Endometriosis is defined as the presence of endometrial glands and stroma within extrauterine sites, and it is well known that endometriosis is an estrogen-dependent disease. The defective formation and metabolism of steroid hormones is responsible for the promotion and development of endometriosis. In the present study we examined the mRNA levels of six enzymes that are involved in the metabolism of estrogen and progesterone--aromatase, 17beta-hydroxysteroid dehydrogenase (17beta-HSD) types 1, 2 and 7, sulfatase and sulfotransferase--and of the steroid receptors--estrogen receptors alpha and beta (ERalpha, ERbeta) and progesterone receptors A and B (PRAB)--implicated in human ovarian endometriosis. We analyzed 16 samples of ovarian endometriosis and 9 of normal endometrium. The real-time polymerase chain reaction analyses revealed that six of the nine genes investigated are differentially regulated.
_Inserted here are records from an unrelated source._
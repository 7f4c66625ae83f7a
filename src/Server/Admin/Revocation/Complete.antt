-- ===== src/Server/Admin/Revocation/Complete.antt =====
-- What a revocation leaves of a user's sessions, tokens and challenges
-- (admin-revocation.service.ts): nothing that is still good.
use seleksi2_labpro.Prelude.{
  ◌≡◌, refl, sym, eq_iff, subst, String, true, false, ◌&&◌, List, [], ◌∷◌, arith, is_none, any,
  ◌===◌, All, modify, ◌>>=◌, filter, map, pure,
}
use seleksi2_labpro.Prelude.Moves.{Moves, Moves-modify, moves_rules}
use seleksi2_labpro.Prelude.Ensures.{Ensures, Ensures-always, Ensures-keeps, Keeps-preorder}
use seleksi2_labpro.Database.{reference}
use seleksi2_labpro.Database.Members.{All-cleared}
use seleksi2_labpro.Schema.Sessions.{
  SsoSession, AccessToken, MfaLoginChallenge, is_active, AuditLog,
}
use seleksi2_labpro.Server.Store.{ServerStore, ServerError, audited}
use seleksi2_labpro.Server.Runtime.{Runtime}
use seleksi2_labpro.Server.Outbox.{NewRevocationEvent, enqueue_many, event_of}
use seleksi2_labpro.Server.Outbox.Appended.{enqueue_all_lem}
use seleksi2_labpro.Server.Admin.{AdminCall, unique, numbered}
use seleksi2_labpro.Server.Admin.Revocation.{
  is_one_of, is_session_of, is_token_of, is_challenge_of, revoke_all, revoke_security_state,
  revoke_users_for_deactivation, revoke_users_for_password_change, password_event,
}

-- The user has no session and no token that is not revoked, and no open challenge.
pub record IsSignedOut (id : String) (s : ServerStore) : Type 0 where
  pub sessions :
      All
        (λ (r : SsoSession).
          (r.user_id === id && is_active r.status && is_none r.revoked_at) ≡ false)
        s.sso_sessions
  pub tokens :
      All
        (λ (r : AccessToken).
          (r.user_id === id && is_active r.status && is_none r.revoked_at) ≡ false)
        s.access_tokens
  pub challenges :
      All
        (λ (r : MfaLoginChallenge). (r.user_id === id && is_none r.used_at) ≡ false)
        s.mfa_challenges

same_text_sym : (s t : String) → (s === t) ≡ true → (t === s) ≡ true
same_text_sym s t h = (eq_iff t s).1 (sym ((eq_iff s t).0 h))

-- The list has the identifier.
abbrev pub HasId : List String → String → Type 0
HasId ids id = (x : String) → (x === id) ≡ true → is_one_of ids x ≡ true

single-HasId : (id : String) → HasId (id ∷ []) id
unfolding is_one_of any
single-HasId id x h = rw (same_text_sym x id h) refl

module _ (rt : Runtime) (c : AdminCall) (id : String) where
  revoke_all-IsSignedOut :
      (ids : List String) (reason : String)
      → HasId ids id
      → Ensures (λ s s'. IsSignedOut id s') (revoke_all ⦃db = reference⦄ rt c ids reason)
  unfolding revoke_all ◌>>=◌
  revoke_all-IsSignedOut ids reason mine = Ensures-always _ λ s. record {
    sessions =
        All-cleared _ (is_session_of ids) _ s.sso_sessions (λ r h. ground (arith, mine r.user_id))
          (λ r. ground arith);
    tokens =
        All-cleared _ (is_token_of ids) _ s.access_tokens (λ r h. ground (arith, mine r.user_id))
          (λ r. ground arith);
    challenges =
        All-cleared _ (is_challenge_of ids) _ s.mfa_challenges
          (λ r h. ground (arith, mine r.user_id)) (λ r. ground arith);
  }

  single_signs_out :
      (reason : String)
      → Ensures
          (λ s s'. IsSignedOut id s')
          (revoke_security_state ⦃db = reference⦄ rt c (id ∷ []) reason)
  unfolding revoke_security_state unique filter
  single_signs_out reason = revoke_all-IsSignedOut (id ∷ []) reason (single-HasId id)

  pub audited-Keeps :
      (a : AuditLog)
      → Moves
          (λ s s'. IsSignedOut id s → IsSignedOut id s')
          (modify {E = ServerError} (audited ⦃db = reference⦄ a))
  audited-Keeps a =
      Moves-modify (Keeps-preorder (IsSignedOut id)) (audited ⦃db = reference⦄ a)
        λ s h. record { sessions = h.sessions; tokens = h.tokens; challenges = h.challenges }

  enqueue_many-Keeps :
      (inputs : List (String × NewRevocationEvent))
      → Moves
          (λ s s'. IsSignedOut id s → IsSignedOut id s')
          (enqueue_many ⦃db = reference⦄ rt inputs)
  unfolding enqueue_many ◌>>=◌
  enqueue_many-Keeps inputs = record {
    at = λ s h.
        subst (IsSignedOut id) (sym (enqueue_all_lem rt (map (event_of rt) inputs) s))
          (record { sessions = h.sessions; tokens = h.tokens; challenges = h.challenges });
  }

  enqueued-Keeps :
      (inputs : List (String × NewRevocationEvent))
      → Moves
          (λ s s'. IsSignedOut id s → IsSignedOut id s')
          (enqueue_many ⦃db = reference⦄ rt inputs >>= λ events. pure {A = Unit {0}} tt)
  enqueued-Keeps inputs =
      search (Keeps-preorder (IsSignedOut id), moves_rules, enqueue_many-Keeps) depth 8

  pub deactivation_signs_out :
      Ensures
        (λ s s'. IsSignedOut id s')
        (revoke_users_for_deactivation ⦃db = reference⦄ rt c (id ∷ []))
  unfolding revoke_users_for_deactivation
  deactivation_signs_out =
      Ensures-keeps (IsSignedOut id) _ _ (single_signs_out "user_deactivated")
        λ rows. enqueued-Keeps _

  pub password_change_signs_out :
      Ensures
        (λ s s'. IsSignedOut id s')
        (revoke_users_for_password_change ⦃db = reference⦄ rt c (id ∷ []))
  unfolding revoke_users_for_password_change unique filter
  password_change_signs_out =
      Ensures-keeps (IsSignedOut id) _ _ (single_signs_out "password_changed")
        λ rows. enqueued-Keeps (numbered c.event_id 0 (map (password_event c.now) (id ∷ [])))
Aromatase, 17beta-HSD types 1 and 7, sulfatase and ERbeta were statistically significantly upregulated, while ERalpha was significantly downregulated, in the endometriosis group compared with the control group. There were no significant differences in 17beta-HSD type 2, sulfotransferase and PRAB gene expression. Our results indicate that, in addition to the previously reported upregulation of aromatase, upregulation of 17beta-HSD types 1 and 7 and sulfatase can also increase the local estradiol concentration. This could thus be responsible for the estrogen-dependent growth of endometriotic tissue. Surprisingly ERalpha was downregulated.